Cacá Bueno invade cabine da direção de prova para reclamar de bandeirada que não ocorreu (Frame Sportv)

Cacá Bueno vai até cabine da direção de prova para reclamar de bandeirada que não ocorreu (Frame Sportv)

 

As palavras do líder da temporada 2015 da Stock Car foram duras e desmedidas. Ele respondeu a um erro pontual com outro erro pontual. A não bandeirada foi uma falha humana, facilmente evitável. De cabeça quente e mergulhado em toda a tensão do momento, Cacá também falhou e poderia ter guardado facilmente todos os insultos.

“O que aconteceu em Ribeirão Preto foi uma falha humana, que todos estamos sujeitos”, pondera Bueno. “No mesmo dia, conversei com a bandeirinha, que me pediu desculpa, assim como eu também me desculpei pela minha reação, e ficou tudo certo entre a gente. Mas quiseram dar continuidade a este assunto, levando para o tribunal. Continuo achando um absurdo pegarem uma conversa de rádio, privada, entre eu e a minha equipe e ter transformado isso numa declaração ou entrevista para criar uma polêmica”, completa o carioca.

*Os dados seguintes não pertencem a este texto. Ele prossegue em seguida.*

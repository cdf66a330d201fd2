-- ===== src/Services/ImageService/Reads.antt =====
-- `getById`, `listMy`, `listMyByStatus` and `getBinaryById` of `ImageService`.
use text2image.Base.{
  ℤ, Bool, not, ◌&&◌, Option, none, some, [], ◌∷◌, map, Text, bytes, eqb, is_empty, if◌then◌else◌,
  Action, ◌>>=◌, ◌>>◌, pure, fail, guard,
}
use text2image.Models.TaskStatus.{can_return_binary, normalize_task_status}
use text2image.Models.ImageGeneration.{ImageGeneration, from_json}
use text2image.Errors.{ServiceError, text, service_error, conflict, internal_server_error}
use text2image.Services.Effects.{Failure, returned, call, compute, try_catch, or_return, or_error}
use text2image.Errors.Repo.{RepoError}
use text2image.Services.CacheKeys.{
  decimal, meta_key, list_my_key, list_my_status_key, normalized_page, normalized_size,
  list_version_namespace, null_marker, ttl_null_marker,
}
use text2image.Services.Ports.{ImageListResult, Ports}
use text2image.Services.ImageService.{require_user, image_not_found, status_detail}
use text2image.Services.ImageService.Cache.{
  presign_in_place, presign_list_images_in_place, write_to_cache, write_list_cache,
}

pub record ImageBinaryResult : Type 0 where
  pub body : Text
  pub content_type : Text

module _ {W : Type 0} (p : Ports W) where
  -- `if (includeImagePayload && !image.storage_key.empty()) presignInPlace(image);`
  abbrev pub with_payload : Bool → ImageGeneration → Action W Failure ImageGeneration
  with_payload include_image_payload image =
      if include_image_payload && not (is_empty image.storage_key)
      then presign_in_place p image
      else pure image

  -- The answer that a cached value gives, or `none` when it is evicted.
  abbrev pub cached_image : Text → Bool → Option Text → Action W Failure (Option ImageGeneration)
  cached_image key include_image_payload none = pure none
  cached_image key include_image_payload (some cached) =
      if eqb cached null_marker
      then fail (returned image_not_found)
      else try_catch
          (compute (p.parse_image cached) >>= λ j.
            with_payload include_image_payload (from_json p.calendar j) >>= λ image.
            pure (some image))
          (call (p.cache_del key) >>= λ _. pure none)

  abbrev pub cache_missing : Text → Option ImageGeneration → Action W Failure ImageGeneration
  cache_missing key none =
      call (p.cache_setex key null_marker ttl_null_marker) >>= λ _. fail (returned image_not_found)
  cache_missing key (some generation) = pure generation

  abbrev pub load_image : Text → ℤ → ℤ → Bool → Action W Failure ImageGeneration
  load_image key user_id id include_image_payload = or_return (p.find_task id user_id) >>= λ image.
      cache_missing key image >>= λ generation.
      write_to_cache p key generation >> with_payload include_image_payload generation

  abbrev pub cached_or_load :
      Text → ℤ → ℤ → Bool → Option ImageGeneration → Action W Failure ImageGeneration
  cached_or_load key user_id id include_image_payload none =
      load_image key user_id id include_image_payload
  cached_or_load key user_id id include_image_payload (some image) = pure image

  unfoldable pub get_by_id : ℤ → ℤ → Bool → Action W Failure ImageGeneration
  get_by_id user_id id include_image_payload =
      require_user user_id
      >> (call (p.cache_get (meta_key user_id id)) >>= λ cached.
          cached_image (meta_key user_id id) include_image_payload cached >>= λ answer.
          cached_or_load (meta_key user_id id) user_id id include_image_payload answer)

  abbrev pub cached_list : Text → Option Text → Action W Failure (Option ImageListResult)
  cached_list key none = pure none
  cached_list key (some cached) =
      try_catch
        (compute (p.parse_list cached) >>= λ parsed.
          presign_list_images_in_place p (map (from_json p.calendar) parsed.1) >>= λ content.
          pure (some (record { content = content; total_elements = parsed.0 })))
        (call (p.cache_del key) >>= λ _. pure none)

  abbrev pub load_list :
      Text → Action W RepoError ImageListResult → Action W Failure ImageListResult
  load_list key find_page = or_return find_page >>= λ result.
      write_list_cache p key result
      >> (presign_list_images_in_place p result.content >>= λ content.
          pure (record result { content = content }))

  abbrev pub cached_or_load_list :
      Text
      → Action W RepoError ImageListResult
      → Option ImageListResult
      → Action W Failure ImageListResult
  cached_or_load_list key find_page none = load_list key find_page
  cached_or_load_list key find_page (some result) = pure result

  -- What both lists do once their key is known.
  unfoldable pub list_under :
      Text → Action W RepoError ImageListResult → Action W Failure ImageListResult
  list_under key find_page = call (p.cache_get key) >>= λ cached.
      cached_list key cached >>= λ answer. cached_or_load_list key find_page answer

  unfoldable pub list_my : ℤ → ℤ → ℤ → Action W Failure ImageListResult
  unfolding list_under
  list_my user_id page size =
      require_user user_id
      >> (call (p.get_version list_version_namespace (decimal user_id)) >>= λ version.
          list_under (list_my_key user_id version (normalized_page page) (normalized_size size))
            (p.find_tasks user_id (normalized_page page) (normalized_size size)))

  unfoldable pub list_my_by_status : ℤ → Text → ℤ → ℤ → Action W Failure ImageListResult
  unfolding list_under
  list_my_by_status user_id status page size =
      require_user user_id
      >> (call (p.get_version list_version_namespace (decimal user_id)) >>= λ version.
          list_under
            (list_my_status_key user_id version (normalize_task_status status)
              (normalized_page page) (normalized_size size))
            (p.find_tasks_by_status user_id (normalize_task_status status) (normalized_page page)
              (normalized_size size)))

  abbrev pub storage_read_failed : ServiceError
  storage_read_failed =
      service_error internal_server_error "image_storage_read_failed" "failed to load image binary"

  abbrev pub read_failed_for : Text → ServiceError
  read_failed_for storage_key = record storage_read_failed {
    details = (bytes "storageKey", text storage_key) ∷ [];
  }

  unfoldable pub get_binary_by_id : ℤ → ℤ → Action W Failure ImageBinaryResult
  get_binary_by_id user_id id =
      require_user user_id
      >> (or_return (p.find_task id user_id) >>= λ image.
          or_error image image_not_found >>= λ generation.
          guard (can_return_binary generation.status generation.storage_key) (
            returned
              (record (service_error conflict "image_binary_not_ready"
                "image binary is not ready") { details = status_detail generation.status }))
          >> try_catch
              (call (p.get_bytes generation.storage_key) >>= λ loaded.
                or_error loaded (read_failed_for generation.storage_key) >>= λ body.
                call (p.content_type_for_key generation.storage_key) >>= λ content_type.
                pure (record { body = body; content_type = content_type }))
              (fail (returned storage_read_failed)))
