-- ===== src/Services/Validation.antt =====
-- `validateGenerationParams` of Backend/src/services/image_service.cpp.
pub mod Laws
use text2image.Base.{
  ℕ, ℤ, pos, ltb, ltb_ℤ, ◌==◌, not, ◌&&◌, ◌||◌, Bool, true, false, Option, none, some, List, [],
  ◌∷◌, all, length, multiple_of, Text, is_alnum, is_empty, is_space, trim, if◌then◌else◌,
}
use text2image.Models.ImageGeneration.{ImageGeneration}
use text2image.Errors.{ServiceError, service_error, bad_request}

abbrev pub prompt_min_length : ℕ
prompt_min_length = 3

abbrev pub prompt_max_length : ℕ
prompt_max_length = 1000

abbrev pub negative_prompt_max_length : ℕ
negative_prompt_max_length = 500

abbrev pub min_image_size : ℕ
min_image_size = 512

abbrev pub max_image_size : ℕ
max_image_size = 2048

abbrev pub image_size_step : ℕ
image_size_step = 64

abbrev pub min_num_steps : ℕ
min_num_steps = 1

abbrev pub max_num_steps : ℕ
max_num_steps = 50

abbrev pub max_request_id_length : ℕ
max_request_id_length = 64

unfoldable pub trim_in_place : Text → Text
trim_in_place s = trim is_space s

abbrev pub is_id_byte : ℕ → Bool
is_id_byte c = is_alnum c || c == b'_' || c == b'-'

unfoldable pub is_valid_request_id : Text → Bool
is_valid_request_id [] = false
is_valid_request_id (c ∷ s) =
    if ltb max_request_id_length (length (c ∷ s))
    then false
    else if not (is_alnum c)
    then false
    else all is_id_byte (c ∷ s)

-- `size < kMinImageSize || size > kMaxImageSize || size % kImageSizeStep != 0`
abbrev pub is_invalid_image_size : ℤ → Bool
is_invalid_image_size size =
    ltb_ℤ size (pos min_image_size)
    || ltb_ℤ (pos max_image_size) size
    || not (multiple_of image_size_step size)

abbrev pub is_negative_seed : Option ℤ → Bool
is_negative_seed none = false
is_negative_seed (some seed) = ltb_ℤ seed (pos 0)

unfoldable pub trimmed : ImageGeneration → ImageGeneration
trimmed g = record g {
  prompt = trim_in_place g.prompt;
  negative_prompt = trim_in_place g.negative_prompt;
  request_id = trim_in_place g.request_id;
}

-- The checks, on the trimmed generation.
unfoldable pub check_params : ImageGeneration → Option ServiceError
check_params g =
    if not (is_empty g.request_id) && not (is_valid_request_id g.request_id)
    then some (
        service_error bad_request "invalid_request_id"
          "request_id must match ^[A-Za-z0-9][A-Za-z0-9_-]{0,63}$")
    else if is_empty g.prompt
    then some (service_error bad_request "prompt_required" "prompt is required")
    else if ltb (length g.prompt) prompt_min_length || ltb prompt_max_length (length g.prompt)
    then some (
        service_error bad_request "invalid_prompt_length"
          "prompt length must be between 3 and 1000 characters")
    else if ltb negative_prompt_max_length (length g.negative_prompt)
    then some (
        service_error bad_request "invalid_negative_prompt_length"
          "negative_prompt must be at most 500 characters")
    else if ltb_ℤ g.num_steps (pos min_num_steps) || ltb_ℤ (pos max_num_steps) g.num_steps
    then some (service_error bad_request "invalid_num_steps" "num_steps must be between 1 and 50")
    else if is_invalid_image_size g.width
    then some (
        service_error bad_request "invalid_width"
          "width must be between 512 and 2048 and a multiple of 64")
    else if is_invalid_image_size g.height
    then some (
        service_error bad_request "invalid_height"
          "height must be between 512 and 2048 and a multiple of 64")
    else if is_negative_seed g.seed
    then some (service_error bad_request "invalid_seed" "seed must be >= 0")
    else none

-- What it returns, and the generation that it leaves.
unfoldable pub validate_generation_params : ImageGeneration → Option ServiceError × ImageGeneration
validate_generation_params g = (check_params (trimmed g), trimmed g)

O nervosismo provocado pelo erro fez a fiscal Andrea Cristina Ladeira chorar nos bastidores: “Muita gente veio falar comigo e durante a visitação de boxes eu fiz questão de ir conversar com o Cacá e pedir desculpas. Ele até ficou surpreso, mas também se desculpou comigo por ter achado que chorei por causa das declarações dele – e até então eu não tinha visto nada do que ele disse sobre o ocorrido. Ele pediu desculpas, eu também. Tiramos uma foto juntos e tudo se resolveu” disse a fiscal voluntária.

 

Fiscal de prova é consolada após o erro  (Frame Sportv)

Fiscal de prova é consolada após o erro (Frame Sportv)

 

Piloto e a fiscal responsável pela bandeirada final Andrea Cristina Ladeira, se entendem depois de confusão (Reprodução)

Piloto e a fiscal responsável pela bandeirada final Andrea Cristina Ladeira, se entendem depois de confusão (Reprodução)

 

Entidade e piloto erraram. Contudo, só um dos lados pagará pelo deslize. Não é de bom tom um dos pilotos de maior referência que corre na categoria de maior visibilidade do automobilismo nacional desmerecer a sua organização. É praticamente desrespeitar a si mesmo. Por outro lado, os desdobramentos do erro da CBA poderiam ser mais graves. Com Bueno e Gomes acelerando em uma pista com carros parados e pessoas andando por ali, o risco de acontecer algum acidente foi alto.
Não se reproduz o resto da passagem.